AUSTIN - Texas public pensions said moving away from traditional defined-benefit plans wouldn’t shrink their unfunded liabilities, in contrast to money-saving steps to end lifetime guarantees by states from Rhode Island to Kansas.
The state’s $110.3 billion Teacher Retirement System released a study saying that switching to a 401(k)-style defined-savings plan may cut payments to retirees. The fifth- largest U.S. public pension by assets said Aug. 31 that the change also would widen a $24 billion gap between promised benefits and projected assets to $36 billion.
The teacher plan’s report and a second study issued yesterday by the $22.1 billion Employee Retirement System of Texas contrast with projected savings and unfunded liability cuts for pensions in Rhode Island, Kansas and Louisiana, which made such changes. All three place in the top 10 among states with the highest gaps between assets and future obligations, according to a Bloomberg Rankings study of 2010 data.
“There’s a lot of visibility on this issue nationally, and there’s a push for change in Texas,” said state Representative Vicki Truitt, a Southlake Republican who leads the House Pensions and Investments Committee.
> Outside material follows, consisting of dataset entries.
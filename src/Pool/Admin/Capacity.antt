-- ===== src/Pool/Admin/Capacity.antt =====
-- The default capacity: SetDefaultAccountCapacity, what is read of it, and its application.
use gptshare.Base.{
  ℕ, ◌≤◌, ◌≡◌, refl, subst, true, false, ◌&&◌, List, [], ◌∷◌, leb, if◌then◌else◌, is_none, All,
  All-both, All-update, ◌+◌, arith, Bool-cases, inl, inr,
}
use gptshare.Pool.Types.{Account, Db, ok, err, invalid_setting, ◌>>=◌, >>=-eq-ok, ok-injective}
use gptshare.Pool.Tables.{
  is_full, is_disabled, is_dead_banned, after, allocatable, occupancy, free_seats,
}
use gptshare.Pool.Message.{default_account_capacity}
use gptshare.Pool.Admin.{
  Setting, valid_account_capacity, set_default_account_capacity, in_use, capacity_status,
  capacity_row, apply_default_account_capacity,
}
use gptshare.Pool.Books.Defs.{IsSound}
use gptshare.Pool.Ledger.Rows.{Distinct-update}

-- A capacity that is stored is read back as it was, and a capacity is stored exactly when it is
-- from 1 to 1000.
pub default_capacity-roundtrip :
    (capacity : ℕ) (before : Setting)
    → (set_default_account_capacity capacity before >>= default_account_capacity)
      ≡ (if leb 1 capacity && leb capacity 1000 then ok capacity else err invalid_setting)
unfolding set_default_account_capacity default_account_capacity
default_capacity-roundtrip capacity before = elim (Bool-cases (valid_account_capacity capacity)) [
  | inl e ↦ rw (e, e) refl
  | inr e ↦ rw e refl
]

capacity_status-full :
    (capacity : ℕ) (a : Account)
    → is_full (capacity_status capacity a) ≡ leb capacity a.current_allocations
capacity_status-full capacity a = ground arith

pub All-true : (rows : List Account) → All (λ a. Unit {0}) rows
All-true [] = tt
All-true (a ∷ rows) = (tt, All-true rows)

-- An account in use has the capacity, and the status full exactly when no seat is left of it.
abbrev pub Labelled : ℕ → Account → Type 0
Labelled capacity a =
    in_use a ≡ true
    → (a.max_concurrent_users ≡ capacity) × (is_full a.status ≡ leb capacity a.current_allocations)

-- An application of the default that succeeds leaves every account that is not archived with the
-- default capacity, and with the status full exactly when no seat is left of it, whatever status
-- the account had.
pub apply_default-Labelled :
    (setting : Setting) (db : Db) {r : Db × ℕ}
    → apply_default_account_capacity setting db ≡ ok r
    → (capacity : ℕ) × (default_account_capacity setting ≡ ok capacity)
      × All (Labelled capacity) r.0.accounts
unfolding apply_default_account_capacity
apply_default-Labelled setting db h =
    let (capacity, e, h1) = >>=-eq-ok (default_account_capacity setting) _ h in
    (
      capacity,
      e,
      subst (λ (q : Db × ℕ). All (Labelled capacity) q.0.accounts) (ok-injective h1)
          (All-update in_use (capacity_row capacity) (λ a. Unit {0}) (Labelled capacity)
            (λ a u x i. (refl, capacity_status-full capacity a))
            (λ a u x i. absurd (ground (arith, u, i))) db.accounts (All-true db.accounts)),
    )

-- Under accounts that hold no more seats than the default allows, its application keeps the
-- database sound.
pub apply_default-IsSound :
    (setting : Setting) (db : Db) {r : Db × ℕ}
    → ((capacity : ℕ)
        → default_account_capacity setting ≡ ok capacity
        → All (λ a. a.current_allocations ≤ capacity) db.accounts)
    → IsSound db
    → apply_default_account_capacity setting db ≡ ok r
    → IsSound r.0
unfolding apply_default_account_capacity
apply_default-IsSound setting db room b h =
    let (capacity, e, h1) = >>=-eq-ok (default_account_capacity setting) _ h in
    let fits =
      All-both (λ a. a.current_allocations ≤ capacity)
        (λ a. a.current_allocations ≤ a.max_concurrent_users)
        (λ a. (a.current_allocations ≤ capacity) × (a.current_allocations ≤ a.max_concurrent_users))
        (λ a x y. (x, y)) db.accounts (room capacity e) b.within in
    subst (λ (q : Db × ℕ). IsSound q.0) (ok-injective h1)
      (record {
        distinct =
            Distinct-update in_use (capacity_row capacity) (λ a. refl) db.accounts b.distinct;
        owed =
            All-update in_use (capacity_row capacity)
              (λ a. a.current_allocations ≡ occupancy a.id db.allocations + 0)
              (λ a. a.current_allocations ≡ occupancy a.id db.allocations + 0) (λ a u o. o)
              (λ a u o. o) db.accounts b.owed;
        within =
            All-update in_use (capacity_row capacity) _
              (λ a. a.current_allocations ≤ a.max_concurrent_users) (λ a u f. f.0) (λ a u f. f.1)
              db.accounts fits;
        ordered = b.ordered;
        one_primary = b.one_primary;
      })

-- An account that is disabled with as many seats held as the default allows is given the status
-- full by its application, and is allocatable as soon as one seat is released.
pub apply_default-revives :
    (capacity now : ℕ) (a : Account)
    → is_disabled a.status ≡ true
    → a.current_allocations ≡ capacity
    → 1 ≤ capacity
    → is_none a.archived_at ≡ true
    → is_dead_banned a.monitor_status ≡ false
    → after now a.account_expiry ≡ true
    → (allocatable now a ≡ false)
      × (allocatable now (free_seats 1 (capacity_row capacity a)) ≡ true)
unfolding allocatable
apply_default-revives capacity now a d c one u m x =
    (ground (arith, d), ground (arith, c, one, u, m, x))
The reports set the stage for a debate by Lone Star State legislators next year.
“This is going to be a hot issue” when lawmakers convene in January, Truitt said. Her panel will take up the reports Sept. 12.
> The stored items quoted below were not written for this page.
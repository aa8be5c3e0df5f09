-- ===== src/Pool/Admin/Update.antt =====
-- The edit of an account by the administrator and a new status from the monitor: UpdateAccount and
-- UpdateAccountMonitorStatus of repository.go.
use gptshare.Base.{
  ℕ, Bool, true, false, not, ◌&&◌, ◌||◌, Option, none, some, leb, ◌==◌, if◌then◌else◌, is_none,
  update_where, count_where,
}
use gptshare.Time.{datetime}
use gptshare.Pool.Types.{
  Account, AccountStatus, MonitorStatus, Db, Result, ok, no_rows, unique_violation,
  keyring_required, account_expiry_too_long, ◌>>◌, guard,
}
use gptshare.Pool.Tables.{is_available, is_full, is_disabled, is_banned, credentials_complete}
use gptshare.Pool.Admin.{default_to, valid_account_expiry, monitor_taken, instant}

-- A secret of the update: not sent, sent blank or sent with a text.
pub data Secret : Type 0 where
  unsent blank sealed : Secret

-- AccountUpdate; password and totp are whether a text was sent.
pub record Update : Type 0 where
  pub username : ℕ
  pub password : Bool
  pub totp : Bool
  pub source : Secret
  pub pickup : Secret
  pub account_expiry : Option ℕ
  pub max_concurrent_users : ℕ
  pub status : Option AccountStatus
  pub monitor_status : Option MonitorStatus
  pub monitor_account_id : Option ℕ

abbrev is_pending : AccountStatus → Bool
is_pending AccountStatus.pending_credentials = true
is_pending _ = false

abbrev pub asks_pending : Option AccountStatus → Bool
asks_pending none = false
asks_pending (some s) = is_pending s

abbrev pub live_account : ℕ → Account → Bool
live_account k a = a.id == k && is_none a.archived_at

abbrev pub asked_status : Update → Account → AccountStatus
asked_status u a =
    let wanted = default_to AccountStatus.available u.status in
    if is_available wanted && leb u.max_concurrent_users a.current_allocations
    then AccountStatus.full
    else wanted

abbrev is_sealed : Secret → Bool
is_sealed Secret.sealed = true
is_sealed _ = false

abbrev apply_secret : Secret → Bool → Bool
apply_secret Secret.unsent before = before
apply_secret Secret.blank before = false
apply_secret Secret.sealed before = true

abbrev pub needs_keyring : Update → Bool
needs_keyring u = u.password || u.totp || is_sealed u.source || is_sealed u.pickup

-- The first statement and those of the secrets.
abbrev pub edited_row : Update → Account → Account
edited_row u a = record a {
  username = u.username;
  account_expiry = instant u.account_expiry;
  max_concurrent_users = u.max_concurrent_users;
  monitor_account_id = u.monitor_account_id;
  monitor_status = default_to MonitorStatus.unknown_monitor u.monitor_status;
  status = asked_status u a;
  has_password = a.has_password || u.password;
  has_totp = a.has_totp || u.totp;
  has_pickup = apply_secret u.pickup a.has_pickup;
}

abbrev pub follows_seats : AccountStatus → Bool
follows_seats s = is_pending s || is_available s || is_full s

-- The last statement: the status by the credentials and the seats.
abbrev pub seat_status : Account → AccountStatus
seat_status a =
    if follows_seats a.status
    then if credentials_complete a
      then if leb a.max_concurrent_users a.current_allocations
        then AccountStatus.full
        else AccountStatus.available
      else AccountStatus.pending_credentials
    else a.status

abbrev pub seated_row : Account → Account
seated_row a = record a { status = seat_status a }

abbrev pub updated_row : Update → Account → Account
updated_row u a = seated_row (edited_row u a)

unfoldable pub update_account : Bool → ℕ → ℕ → Update → Db → Result Db
update_account has_keyring now k u db = do
  guard (valid_account_expiry now u.account_expiry || asks_pending u.status) account_expiry_too_long
  guard (not (monitor_taken k u.monitor_account_id db.accounts)) unique_violation
  guard (count_where (live_account k) db.accounts == 1) no_rows
  guard (has_keyring || not (needs_keyring u)) keyring_required
  ok (record db { accounts = update_where (live_account k) (updated_row u) db.accounts })

abbrev pub reported_status : ℕ → MonitorStatus → Account → AccountStatus
reported_status now MonitorStatus.dead_banned a = AccountStatus.banned
reported_status now m a = if is_disabled a.status || is_banned a.status then a.status else elim m [
  | MonitorStatus.dead_normal ↦ AccountStatus.expired
  | _ ↦ if leb (datetime a.account_expiry) (datetime now) then AccountStatus.expired else a.status
]

abbrev pub reported_row : ℕ → Option ℕ → Option MonitorStatus → Account → Account
reported_row now m s a = record a {
  monitor_account_id = m;
  monitor_status = default_to MonitorStatus.unknown_monitor s;
  status = reported_status now (default_to MonitorStatus.unknown_monitor s) a;
}

unfoldable pub update_account_monitor_status :
    ℕ → ℕ → Option ℕ → Option MonitorStatus → Db → Result Db
update_account_monitor_status now k m s db = do
  guard (not (monitor_taken k m db.accounts)) unique_violation
  guard (count_where (live_account k) db.accounts == 1) no_rows
  ok (record db { accounts = update_where (live_account k) (reported_row now m s) db.accounts })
The Legislature in the second-biggest U.S. state by population ordered the pensions to study alternative ways to meet their obligations. Moving away from the current system, which guarantees retirees set monthly payments for life, would be the biggest change in the two plans, which cover 1.5 million beneficiaries combined.
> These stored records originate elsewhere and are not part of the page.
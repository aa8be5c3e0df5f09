-- ===== src/Pool/Books/Queue.antt =====
-- The ledger under the loop of ProcessReplacements over the cards that it moves.
use gptshare.Base.{
  ℕ, ◌≡◌, refl, ◌≢◌, false, Option, none, some, List, [], ◌∷◌, All, All-both, arith, Bool-cases,
  inl, inr,
}
use gptshare.Pool.Types.{Allocation, Replacement, Audit, Db, Result, ok, err}
use gptshare.Pool.Sweep.{active_grace, supersede_card_grace_allocations, replace_row}
use gptshare.Pool.Replace.{
  Due, due_row, closed_row, grace_row, close_old, keep_grace, release_old, end_old,
  replacement_keeps_grace, replace_one_allocation, settle_isolated, replace_one_allocation_isolated,
}
use gptshare.Pool.Process.{tally, replace_all}
use gptshare.Pool.Ledger.Rows.{Descending, Descending-update}
use gptshare.Pool.Ledger.Tracked.{Tracked-update, Tracked-insert}
use gptshare.Pool.Books.Defs.{Books, Books-same}
use gptshare.Pool.Books.Replace.{IsDue, Awaits, supersede-Tracked}
use gptshare.Pool.Books.Move.{replace_one-Completed, replace_one-Books}

due_inert : (old : ℕ) (l : Allocation) → IsDue old l → active_grace l ≡ false
due_inert old l q = ground arith

-- Items of different rows.
abbrev pub Apart : List Due → Type 0
Apart [] = Unit {0}
Apart (i ∷ items) = All (λ j. j.allocation_id ≢ i.allocation_id) items × Apart items

module _ (now : ℕ) (item other : Due) (apart : other.allocation_id ≢ item.allocation_id) where
  close_old-Awaits : (db : Db) → Awaits other db → Awaits other (close_old now item db)
  unfolding close_old
  close_old-Awaits db =
      Tracked-update (due_row item) (replace_row now item.reason) other.allocation_id
        (IsDue other.old_account_id) (IsDue other.old_account_id) db.allocations (λ l. refl)
        (λ l i q e. absurd (apart (ground arith))) (λ l i q e. q)

  end_old-Awaits :
      (new_id : ℕ) (db : Db) → Awaits other db → Awaits other (end_old now item new_id db)
  unfolding end_old keep_grace release_old
  end_old-Awaits new_id db t = elim (Bool-cases (replacement_keeps_grace item.reason)) [
    | inl e ↦ rw e (
        Tracked-update (closed_row item) (grace_row now item.reason new_id) other.allocation_id
          (IsDue other.old_account_id) (IsDue other.old_account_id)
          (supersede_card_grace_allocations item.card_id now db).allocations (λ l. refl)
          (λ l i q c. absurd (apart (ground arith))) (λ l i q c. q)
          (supersede-Tracked other.allocation_id item.card_id now (IsDue other.old_account_id) db
            (due_inert other.old_account_id) t))
    | inr e ↦ rw e t
  ]

  close_old-Descending :
      (db : Db)
      → Descending db.next_allocation db.allocations
      → Descending (close_old now item db).next_allocation (close_old now item db).allocations
  unfolding close_old
  close_old-Descending db =
      Descending-update (due_row item) (replace_row now item.reason) (λ l. refl) db.next_allocation
        db.allocations

  replace_one-Awaits :
      (db : Db) {r : Db × Replacement}
      → Descending db.next_allocation db.allocations
      → Awaits other db
      → replace_one_allocation now item db ≡ ok r
      → Awaits other r.0
  replace_one-Awaits db ordered t h =
      let d = replace_one-Completed now item db h in
      rw d.result (
        end_old-Awaits (close_old now item db).next_allocation _ (
          Tracked-insert other.allocation_id (close_old now item db).next_allocation
            (IsDue other.old_account_id) _ (close_old now item db).allocations
            (close_old-Descending db ordered) refl (close_old-Awaits db t)))

isolated-ok :
    (P : Db → Type 0) (now : ℕ) (item : Due) (db : Db)
    → ((r : Db × Replacement) → replace_one_allocation now item db ≡ ok r → P r.0)
    → (audited : (log : List Audit) → P (record db { audits = log }))
    → P (replace_one_allocation_isolated now item db).db
unfolding replace_one_allocation_isolated settle_isolated
isolated-ok P now item db done failed = split (replace_one_allocation now item db) done
  where
    split :
        (m : Result (Db × Replacement))
        → ((r : Db × Replacement) → m ≡ ok r → P r.0)
        → P (settle_isolated item db m).db
    split (ok r) done = done r refl
    split (err e) done = failed _

-- One item of the scan.
isolated-Books :
    (excess : ℕ → ℕ) (now : ℕ) (item : Due) (db : Db)
    → Awaits item db
    → Books excess db
    → Books excess (replace_one_allocation_isolated now item db).db
isolated-Books excess now item db t b =
    isolated-ok (Books excess) now item db (λ r h. replace_one-Books excess now item db t b h)
      (λ log. Books-same excess db (record db { audits = log }) refl refl refl b)

isolated-Awaits :
    (now : ℕ) (item other : Due)
    → other.allocation_id ≢ item.allocation_id
    → (db : Db) → Descending db.next_allocation db.allocations
    → Awaits other db
    → Awaits other (replace_one_allocation_isolated now item db).db
isolated-Awaits now item other apart db ordered t =
    isolated-ok (Awaits other) now item db
      (λ r h. replace_one-Awaits now item other apart db ordered t h) (λ log. t)

tally-db : (o : Option Replacement) (t : Db × List Replacement × ℕ) → (tally o t).0 ≡ t.0
unfolding tally
tally-db none t = refl
tally-db (some r) t = refl

-- The whole loop keeps the books.
pub replace_all-Books :
    (excess : ℕ → ℕ) (now : ℕ) (items : List Due) (db : Db)
    → All (λ item. Awaits item db) items
    → Apart items
    → Books excess db
    → Books excess (replace_all now items db).0
unfolding replace_all
replace_all-Books excess now [] db t apart b = b
replace_all-Books excess now (item ∷ items) db t apart b =
    let next = (replace_one_allocation_isolated now item db).db in
    let later =
      All-both (λ other. other.allocation_id ≢ item.allocation_id) (λ other. Awaits other db)
        (λ other. Awaits other next) (λ other a w. isolated-Awaits now item other a db b.ordered w)
        items apart.0 t.1 in
    rw (tally-db (replace_one_allocation_isolated now item db).done (replace_all now items next)) (
      replace_all-Books excess now items next later apart.1
        (isolated-Books excess now item db t.0 b))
Rhode Island, seen as one model for taking steps to lower costs, last year mandated a 401(k)-style plan for newly hired workers and suspended cost-of-living increases for current retirees, moves projected to help save about $3 billion a year. Kansas adopted a similar approach, mandating cash-balance plans for workers hired after December 2014, according to the National Conference of State Legislatures.
Louisiana will switch all employees to defined-savings plans, the group said. New York will offer a defined-savings program to nonunion workers who earn at least $75,000.
Retiree benefits “are really a form of deferred compensation that shift the risk from workers to the taxpayers, and as we’ve seen with pension systems across the country, sometimes taxpayers end up with a pretty steep bill,” said Chuck DeVore, a spokesman for the Texas Public Policy Foundation, a research and lobbying group in Austin.